# Conditions to make unitary a given matrix

Suppose I have some symmetric matrix W = {{c[1, 1], c[1, 2], c[1, 3]}, {c[1, 2], c[2, 2],c[2, 3]}, {c[1, 3], c[2, 3], c[3, 3]}}; where the c's are complex and I want conditions on them such that W is unitary.
I tried using with Solve[ConjugateTranspose[W].W-IdentityMatrix[3]==0] but seems like the equations are to heavy to solve. Is there another way to do this? I just want conditions on the c's.
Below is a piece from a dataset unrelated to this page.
-- ===== src/PamOvirtCred.antt =====
-- The PAM module under pam-ovirt-cred/: the client of the agent's credentials channel and the
-- authentication entry point.
pub mod CredChannel
pub mod Authenticate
• The conditions are, quite literally, $WW^\dagger=1$, component-wise. It's not likely this can be simplified any further. You could try something like Reduce@And@@Flatten@ ..., but don't expect any considerable simplification. – AccidentalFourierTransform Jun 23 at 0:47

This is a very complex problem in general. I'll do the $$n=2$$ case only.

Define the matrix $$W$$ with explicit real and imaginary parts: $$c_{i,j}=a_{i,j}+i b_{i,j}$$,

n = 2;
W = Table[c[Min[i, j], Max[i, j]], {i, n}, {j, n}] /. c[i_, j_] -> a[i, j] + I*b[i, j]
Wd = ConjugateTranspose[W] // ComplexExpand


The variables of $$W$$:

vars = Flatten[Table[{a[i, j], b[i, j]}, {i, n}, {j, i, n}]]
(*    {a[1, 1], b[1, 1], a[1, 2], b[1, 2], a[2, 2], b[2, 2]}    *)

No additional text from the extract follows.